Organized medicine clearly is trying to come to grips with how to respond to the federal government's more vigorous anti-fraud activity. Recent actions by several leading physician groups suggest more are choosing cooperation over confrontation.
The nation's largest specialty group, the 115,000-member American College of Physicians-American Society of Internal Medicine, has established a working relationship with its former antagonists in HHS' inspector general's office.
The American Medical Association, meanwhile, has adopted a more defiant stance, asking its nearly 300,000 members to send their patients a form letter denouncing the government's complex requirements as "a disservice to you (the patient) and my other patients."
At the behest of its members, the ACP-ASIM has had a frank exchange with the inspector general about physicians' concerns-and is now working with the government to find solutions, said Robert Doherty, the group's senior vice president for governmental affairs and public policy.
The process started out acrimoniously, with an April 1 letter to Inspector General June Gibbs Brown from ACP-ASIM Executive Vice President Walter McDonald, M.D., blasting Brown's chief counsel for refusing an invitation to speak to the group's medical services committee about compliance issues.
In that letter, McDonald noted his "deep dismay" that Brown was not willing to continue the "candid but constructive exchange of views" that began at a January meeting where D. McCarty Thornton, chief counsel to the inspector general, addressed the ACP-ASIM.
"It was apparent that a single meeting would not be sufficient to resolve the wide differences of opinion over the government's intentions," McDonald wrote.
In a response dated April 13, Brown returned fire, stating that the ACP-ASIM's assertions were "unfounded and contrary to our objectives."
"If ACP-ASIM continues to believe that overzealous prosecutors are harassing honest doctors, it would be very useful for your organization to provide the basis for this assertion," Brown wrote. "When you produce this information, we can then have a meaningful dialogue regarding the validity of such assertions, which are being made with increasing frequency by physicians and physician groups."
Both sides met May 27, and the pow-wow was productive, the physicians said.
"It's a good case of both sides being right," the ACP-ASIM's Doherty said. "There aren't many physicians who are actually prosecuted, but the rhetoric has an effect.

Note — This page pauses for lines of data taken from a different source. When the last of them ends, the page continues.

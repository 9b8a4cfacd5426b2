-- ===== src/Tests/Parts.antt =====
-- The theorems on validation, queries, configuration, the bus and the load generator, at concrete
-- inputs, and runs of these parts.
use order_outbox_lab.Common.{
  ◌≡◌, ◌↔◌, refl, true, [], ◌∷◌, map, some, codes, text_eq, contains, ℕ_discrete,
}
use order_outbox_lab.Pipeline.{StageName}
use order_outbox_lab.Effects.{ok}
use order_outbox_lab.Orders.Validation.{
  CreateOrderInput, parse_create_order, trim, trim_start, is_space,
}
use order_outbox_lab.Orders.Trimming.{Accepted, parse_create_order_iff}
use order_outbox_lab.EventBus.{Bus, empty_bus, add, subscribe, dispatch, get, add_handler, call_all}
use order_outbox_lab.EventBus.Dispatch.{calls}
use order_outbox_lab.Common.{ℕ, List}
use order_outbox_lab.Pipeline.{StageStatus}
use order_outbox_lab.Frames.{StageEventFrame}
use order_outbox_lab.EventBus.{Message}
use order_outbox_lab.StageEvents.{stream}
use order_outbox_lab.StageEvents.Service.{
  publish_event, received, frames_in, started, received-published,
}
use order_outbox_lab.Samples.Wire.{sample_parse, sample_stringify, sample_parse-sample_stringify}
use order_outbox_lab.Samples.Numbers.{sample_js}
use order_outbox_lab.Samples.History.{sample_body}

trims : trim (codes "  a b ") ≡ codes "a b"
unfolding trim trim_start is_space
trims = refl

abbrev ada : CreateOrderInput
ada = record { customer_name = codes "Ada"; amount = codes "042.00" }

parses : parse_create_order sample_js sample_body ≡ ok ada
unfolding parse_create_order trim trim_start is_space sample_js
parses = refl

parse_create_order_iff_example :
    (parse_create_order sample_js sample_body ≡ ok ada) ↔ Accepted sample_js sample_body ada
parse_create_order_iff_example = parse_create_order_iff sample_js sample_body ada

abbrev one_handler : Bus
one_handler = (subscribe true (codes "c") 1 empty_bus).1

both_called :
    calls (
      dispatch some
        (λ h x. true)
        (codes "c")
        (codes "m")
        (subscribe true (codes "c") 2 one_handler).1)
    ≡ (1, codes "m") ∷ (2, codes "m") ∷ []
unfolding calls dispatch subscribe get add add_handler call_all text_eq contains ℕ_discrete
both_called = refl

abbrev sample_frame : ℕ → StageEventFrame
sample_frame id = record {
  order_id = id;
  stage = StageName.email;
  status = StageStatus.completed;
  attempt = 1;
  detail = some (codes "7ms");
  created_at = 5;
}

abbrev two_frames : List StageEventFrame
two_frames = sample_frame 1 ∷ sample_frame 2 ∷ []

-- A malformed message, and one of another channel.
abbrev other_messages : List Message
other_messages =
    record { channel = codes "stage_events"; raw = codes "{" }
    ∷ record { channel = codes "x"; raw = sample_stringify (sample_frame 1) }
    ∷ []

received-published_example :
    let bus = started true in
    (received sample_parse (λ h f. true) bus other_messages
      ≡ frames_in sample_parse (λ h f. true) other_messages)
    × (received sample_parse (λ h f. true) bus (map (publish_event sample_stringify) two_frames)
        ≡ two_frames)
    × (stream 2 (
          received sample_parse (λ h f. true) bus (map (publish_event sample_stringify) two_frames))
        ≡ stream 2 two_frames)
received-published_example =
    received-published sample_parse (λ h f. true) true sample_stringify
      sample_parse-sample_stringify other_messages two_frames 2

ignored : frames_in sample_parse (λ h f. true) other_messages ≡ []
unfolding frames_in sample_parse
ignored = refl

There's more scrutiny and second-guessing. We talked about how our members can handle that. We decided closer consulting at the outset could ease a lot of concerns about the inspector general's actions," he said.
But not all physician organizations believe the government is so approachable.

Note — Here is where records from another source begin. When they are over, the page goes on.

-- ===== src/Tests/Pipeline.antt =====
-- The theorems on reachable states, at the states of one short history.
use order_outbox_lab.Common.{ℕ, ◌≡◌, ◌≤◌, ◌↔◌, refl, true, false, some, length, suc}
use order_outbox_lab.Pipeline.{StageName, StageStatus, OrderStatus}
use order_outbox_lab.Stages.{max_retries}
use order_outbox_lab.Stages.Statements.Counters.{retry_dead}
use order_outbox_lab.Stages.Runner.{pair_of}
use order_outbox_lab.Status.{has_dead_letter}
use order_outbox_lab.System.{recomputes}
use order_outbox_lab.System.Facts.{logged, failures}
use order_outbox_lab.Status.Settling.{status_of}
use order_outbox_lab.Status.Moves.{StatusMove}
use order_outbox_lab.Status.Deciding.{CompletedIn, DeadIn}
use order_outbox_lab.System.Settled.{status_moves, settled_is_justified}
use order_outbox_lab.System.Overlap.Results.{Reach-Reached}
use order_outbox_lab.System.Safety.{
  attempts_bounded, failures_counted, completed_is_final, one_in_progress, conditions_exclusive,
}
use order_outbox_lab.Samples.History.{
  calm, payment, claimed, completed, failed_once, dead, all_done, fulfilled, program,
  claimed-Reached, completed-Reached, dead-Reached, all_done-Reached, fulfilled-Reached,
}

-- The relay reaches the three stages; a failure queues one tagged row for the next attempt.
runs :
    (length claimed.world.delivered ≡ 3)
    × (length failed_once.world.store.outbox ≡ 2)
    × (length dead.world.store.outbox ≡ 3)
    × (failures dead.world.store (payment 1) ≡ 3)
unfolding program
runs = (refl, refl, refl, refl)

attempts_bounded_example : (1 ≤ 3) × (3 ≤ max_retries)
unfolding program
attempts_bounded_example = attempts_bounded (Reach-Reached dead-Reached) (payment 3) refl

failures_counted_example :
    (logged dead.world.store (payment 2) StageStatus.failed ≡ true)
    ↔ ((1 ≤ 2) × (2 ≤ failures dead.world.store (payment 2)))
failures_counted_example = failures_counted (Reach-Reached dead-Reached) (payment 2)

completed_is_final_example :
    (logged completed.world.store (payment 1) StageStatus.failed ≡ false)
    × (logged completed.world.store (payment 2) StageStatus.started ≡ true → 2 ≤ 1)
    × (logged completed.world.store (payment 2) StageStatus.completed ≡ true
        → payment 1 ≡ payment 2)
    × (retry_dead (pair_of (payment 1)) completed.world.store.stage_retries ≡ false)
unfolding program
completed_is_final_example =
    completed_is_final (Reach-Reached completed-Reached) (payment 1) (payment 2) refl refl

one_in_progress_example :
    (payment 1 ≡ payment 1) × (◌≡◌ {A = ℕ} 1 (suc (failures claimed.world.store (payment 1))))
unfolding program
one_in_progress_example =
    one_in_progress (Reach-Reached claimed-Reached) (payment 1) (payment 1) refl refl refl

conditions_exclusive_example : has_dead_letter 1 all_done.world.store.stage_retries ≡ false
unfolding program
conditions_exclusive_example = conditions_exclusive (Reach-Reached all_done-Reached) 1 refl

status_moves_example :
    StatusMove 1 all_done.world.store
      (status_of 1 all_done.world.store.orders)
      (status_of 1 fulfilled.world.store.orders)
status_moves_example = status_moves all_done-Reached (recomputes all_done calm 1) 1

settled_is_justified_example :
    (status_of 1 fulfilled.world.store.orders ≡ some OrderStatus.fulfilled
      → (stage : StageName) → CompletedIn fulfilled.world.store.stage_events 1 stage)
    × (status_of 1 fulfilled.world.store.orders ≡ some OrderStatus.failed
        → DeadIn fulfilled.world.store.stage_retries 1)
settled_is_justified_example = settled_is_justified fulfilled-Reached 1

For example, the American Academy of Family Physicians has gone to beneficiaries with its concerns. After the government rolled out a campaign to have seniors become watchdogs of medical fraud, the AAFP leadership met with the American Association of Retired Persons to exchange views.
The AARP had joined HHS in sponsoring the "Who Pays? You Pay" campaign, which aims to teach seniors how to better read medical bills and report potential fraud.
"It's very difficult to overcome problems with the government because the government is in a well-defended position," said Robert Graham, M.D., executive vice president of the AAFP. "Plus, the (enforcement) agencies are under a great deal of pressure from Congress to save Medicare money. I really don't know what the best way to handle it is."
Graham described the AARP meeting as cordial but said the two sides did not reach any agreements.
The AMA is taking a two-pronged approach, appealing to beneficiaries as the AAFP has done and meeting with federal enforcers as the ACP-ASIM has done.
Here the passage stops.